What the task requires:
Each entry below must appear in the answer exactly as written.

[Stored data entries]
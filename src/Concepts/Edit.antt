-- ===== src/Concepts/Edit.antt =====
-- `list_concepts_for_scheme`, `create_concept` and `update_concept`, with the validators of
-- backend/src/taxonomy_builder/schemas/concept.py. `lower` is Python's `str.lower`, whose
-- tables of Unicode are not modelled: a parameter.
pub mod Distinct
use taxonomy_builder.Common.{
  ℕ, Bool, true, false, not, ◌&&◌, ◌||◌, Text, text, text_eq, optional_eq, contains_text, is_empty,
  strip, Option, none, some, List, [], ◌∷◌, ◌++◌, filter, any, map, ok, raise, pure, ◌>>=◌, ◌>>◌,
  ◌==◌, if◌then◌else◌,
}
use taxonomy_builder.Models.Vocabulary.{Concept, ConceptScheme}
use taxonomy_builder.Models.Session.{Session}
use taxonomy_builder.Tracker.{Actor, event, record_change, serialize_concept}
use taxonomy_builder.Concepts.{Service, get_concept, get_scheme, integrity_error}

pub record ConceptCreate : Type 0 where
  pub pref_label : Text
  pub definition : Option Text
  pub scope_note : Option Text
  pub alt_labels : List Text

pub record ConceptUpdate : Type 0 where
  pub pref_label : Option Text
  pub definition : Option Text
  pub scope_note : Option Text
  pub alt_labels : Option (List Text)

module _ (lower : Text → Text) where
  -- the loop of `clean_alt_labels`, with `seen_lower` and the rest of the labels
  clean_from : List Text → List Text → List Text
  clean_from seen [] = []
  clean_from seen (label ∷ labels) =
      let stripped = strip label in
      let kept = clean_from (lower stripped ∷ seen) labels in
      let skipped = clean_from seen labels in
      if not (is_empty stripped) && not (contains_text seen (lower stripped))
      then stripped ∷ kept
      else skipped

  unfoldable pub clean_alt_labels : List Text → List Text
  unfolding clean_from
  clean_alt_labels = clean_from []

-- the uniqueness of (scheme_id, identifier), and of the primary key
abbrev pub clashes : Concept → Concept → Bool
clashes row x =
    x.id == row.id || x.scheme_id == row.scheme_id && text_eq x.identifier row.identifier

unfoldable pub insert_concept : Concept → Service (Unit {0})
insert_concept row s =
    if any (clashes row) s.concepts
    then (raise integrity_error, s)
    else (ok tt, record s { tables = record s.tables { concepts = s.concepts ++ row ∷ [] } })

-- the row that a flush writes back
abbrev pub replace_concept : Concept → List Concept → List Concept
replace_concept row = map (λ x. if x.id == row.id then row else x)

unfoldable pub write_concept : Concept → Service (Unit {0})
write_concept row s =
    (ok tt, record s { tables = record s.tables { concepts = replace_concept row s.concepts } })

abbrev or_else : {A : Type 0} → Option A → A → A
or_else none old = old
or_else (some new) old = new

abbrev texts_eq : List Text → List Text → Bool
texts_eq [] [] = true
texts_eq [] (y ∷ ys) = false
texts_eq (x ∷ xs) [] = false
texts_eq (x ∷ xs) (y ∷ ys) = text_eq x y && texts_eq xs ys

-- a flush writes a row, and its `updated_at`, only where an attribute has changed
abbrev unchanged : Concept → Concept → Bool
unchanged x y =
    text_eq x.pref_label y.pref_label
    && optional_eq x.definition y.definition
    && optional_eq x.scope_note y.scope_note
    && texts_eq x.alt_labels y.alt_labels

abbrev override : Option Text → Option Text → Option Text
override none old = old
override (some t) old = some t

module _ (actor : Actor) where
  abbrev pub new_concept : ℕ → ℕ → ConceptCreate → Text → Concept
  new_concept new_id scheme_id concept_in identifier = record {
    id = new_id;
    scheme_id = scheme_id;
    identifier = identifier;
    pref_label = concept_in.pref_label;
    definition = concept_in.definition;
    scope_note = concept_in.scope_note;
    alt_labels = concept_in.alt_labels;
    concept_type_uris = [];
    created_at = actor.now;
    updated_at = actor.now;
  }

  -- `new_id` is the `uuid7` of the row
  unfoldable pub create_concept : ℕ → ℕ → ConceptCreate → Text → Service Concept
  unfolding get_concept get_scheme insert_concept
  create_concept new_id scheme_id concept_in identifier = do
    scheme ← get_scheme scheme_id
    insert_concept (new_concept new_id scheme_id concept_in identifier)
    record_change (
        event actor scheme.project_id (text "concept") new_id (text "create") none
          (some (serialize_concept (new_concept new_id scheme_id concept_in identifier)))
          (some scheme_id))
    get_concept new_id

  abbrev edited : ConceptUpdate → Concept → Concept
  edited concept_in concept = record concept {
    pref_label = or_else concept_in.pref_label concept.pref_label;
    definition = override concept_in.definition concept.definition;
    scope_note = override concept_in.scope_note concept.scope_note;
    alt_labels = or_else concept_in.alt_labels concept.alt_labels;
  }

  abbrev pub updated : ConceptUpdate → Concept → Concept
  updated concept_in concept =
      let row = edited concept_in concept in
      if unchanged concept row then row else record row { updated_at = actor.now }

  unfoldable pub update_concept : ℕ → ConceptUpdate → Service Concept
  unfolding get_concept get_scheme write_concept
  update_concept concept_id concept_in = do
    concept ← get_concept concept_id
    scheme ← get_scheme concept.scheme_id
    write_concept (updated concept_in concept)
    record_change (
        event actor scheme.project_id (text "concept") concept_id (text "update")
          (some (serialize_concept concept)) (some (serialize_concept (updated concept_in concept)))
          (some concept.scheme_id))
    get_concept concept_id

Answer space:
filename src/Concepts/Edit.antt
-- ===== src/Concepts/Edit.antt =====
-- `list_concepts_for_scheme`, `create_concept` and `update_concept`, with the validators of
-- backend/src/taxonomy_builder/schemas/concept.py. `lower` is Python's `str.lower`, whose
-- tables of Unicode are not modelled: a parameter.
pub mod Distinct
use taxonomy_builder.Common.{
  ℕ, Bool, true, false, not, ◌&&◌, ◌||◌, Text, text, text_eq, optional_eq, contains_text, is_empty,
  strip, Option, none, some, List, [], ◌∷◌, ◌++◌, filter, any, map, ok, raise, pure, ◌>>=◌, ◌>>◌,
  ◌==◌, if◌then◌else◌,
}
use taxonomy_builder.Models.Vocabulary.{Concept, ConceptScheme}
use taxonomy_builder.Models.Session.{Session}
use taxonomy_builder.Tracker.{Actor, event, record_change, serialize_concept}
use taxonomy_builder.Concepts.{Service, get_concept, get_scheme, integrity_error}

pub record ConceptCreate : Type 0 where
  pub pref_label : Text
  pub definition : Option Text
  pub scope_note : Option Text
  pub alt_labels : List Text

pub record ConceptUpdate : Type 0 where
  pub pref_label : Option Text
  pub definition : Option Text
  pub scope_note : Option Text
  pub alt_labels : Option (List Text)

module _ (lower : Text → Text) where
  -- the loop of `clean_alt_labels`, with `seen_lower` and the rest of the labels
  clean_from : List Text → List Text → List Text
  clean_from seen [] = []
  clean_from seen (label ∷ labels) =
      let stripped = strip label in
      let kept = clean_from (lower stripped ∷ seen) labels in
      let skipped = clean_from seen labels in
      if not (is_empty stripped) && not (contains_text seen (lower stripped))
      then stripped ∷ kept
      else skipped

  unfoldable pub clean_alt_labels : List Text → List Text
  unfolding clean_from
  clean_alt_labels = clean_from []

-- the uniqueness of (scheme_id, identifier), and of the primary key
abbrev pub clashes : Concept → Concept → Bool
clashes row x =
    x.id == row.id || x.scheme_id == row.scheme_id && text_eq x.identifier row.identifier

unfoldable pub insert_concept : Concept → Service (Unit {0})
insert_concept row s =
    if any (clashes row) s.concepts
    then (raise integrity_error, s)
    else (ok tt, record s { tables = record s.tables { concepts = s.concepts ++ row ∷ [] } })

-- the row that a flush writes back
abbrev pub replace_concept : Concept → List Concept → List Concept
replace_concept row = map (λ x. if x.id == row.id then row else x)

unfoldable pub write_concept : Concept → Service (Unit {0})
write_concept row s =
    (ok tt, record s { tables = record s.tables { concepts = replace_concept row s.concepts } })

abbrev or_else : {A : Type 0} → Option A → A → A
or_else none old = old
or_else (some new) old = new

abbrev texts_eq : List Text → List Text → Bool
texts_eq [] [] = true
texts_eq [] (y ∷ ys) = false
texts_eq (x ∷ xs) [] = false
texts_eq (x ∷ xs) (y ∷ ys) = text_eq x y && texts_eq xs ys

-- a flush writes a row, and its `updated_at`, only where an attribute has changed
abbrev unchanged : Concept → Concept → Bool
unchanged x y =
    text_eq x.pref_label y.pref_label
    && optional_eq x.definition y.definition
    && optional_eq x.scope_note y.scope_note
    && texts_eq x.alt_labels y.alt_labels

abbrev override : Option Text → Option Text → Option Text
override none old = old
override (some t) old = some t

module _ (actor : Actor) where
  abbrev pub new_concept : ℕ → ℕ → ConceptCreate → Text → Concept
  new_concept new_id scheme_id concept_in identifier = record {
    id = new_id;
    scheme_id = scheme_id;
    identifier = identifier;
    pref_label = concept_in.pref_label;
    definition = concept_in.definition;
    scope_note = concept_in.scope_note;
    alt_labels = concept_in.alt_labels;
    concept_type_uris = [];
    created_at = actor.now;
    updated_at = actor.now;
  }

  -- `new_id` is the `uuid7` of the row
  unfoldable pub create_concept : ℕ → ℕ → ConceptCreate → Text → Service Concept
  unfolding get_concept get_scheme insert_concept
  create_concept new_id scheme_id concept_in identifier = do
    scheme ← get_scheme scheme_id
    insert_concept (new_concept new_id scheme_id concept_in identifier)
    record_change (
        event actor scheme.project_id (text "concept") new_id (text "create") none
          (some (serialize_concept (new_concept new_id scheme_id concept_in identifier)))
          (some scheme_id))
    get_concept new_id

  abbrev edited : ConceptUpdate → Concept → Concept
  edited concept_in concept = record concept {
    pref_label = or_else concept_in.pref_label concept.pref_label;
    definition = override concept_in.definition concept.definition;
    scope_note = override concept_in.scope_note concept.scope_note;
    alt_labels = or_else concept_in.alt_labels concept.alt_labels;
  }

  abbrev pub updated : ConceptUpdate → Concept → Concept
  updated concept_in concept =
      let row = edited concept_in concept in
      if unchanged concept row then row else record row { updated_at = actor.now }

  unfoldable pub update_concept : ℕ → ConceptUpdate → Service Concept
  unfolding get_concept get_scheme write_concept
  update_concept concept_id concept_in = do
    concept ← get_concept concept_id
    scheme ← get_scheme concept.scheme_id
    write_concept (updated concept_in concept)
    record_change (
        event actor scheme.project_id (text "concept") concept_id (text "update")
          (some (serialize_concept concept)) (some (serialize_concept (updated concept_in concept)))
          (some concept.scheme_id))
    get_concept concept_id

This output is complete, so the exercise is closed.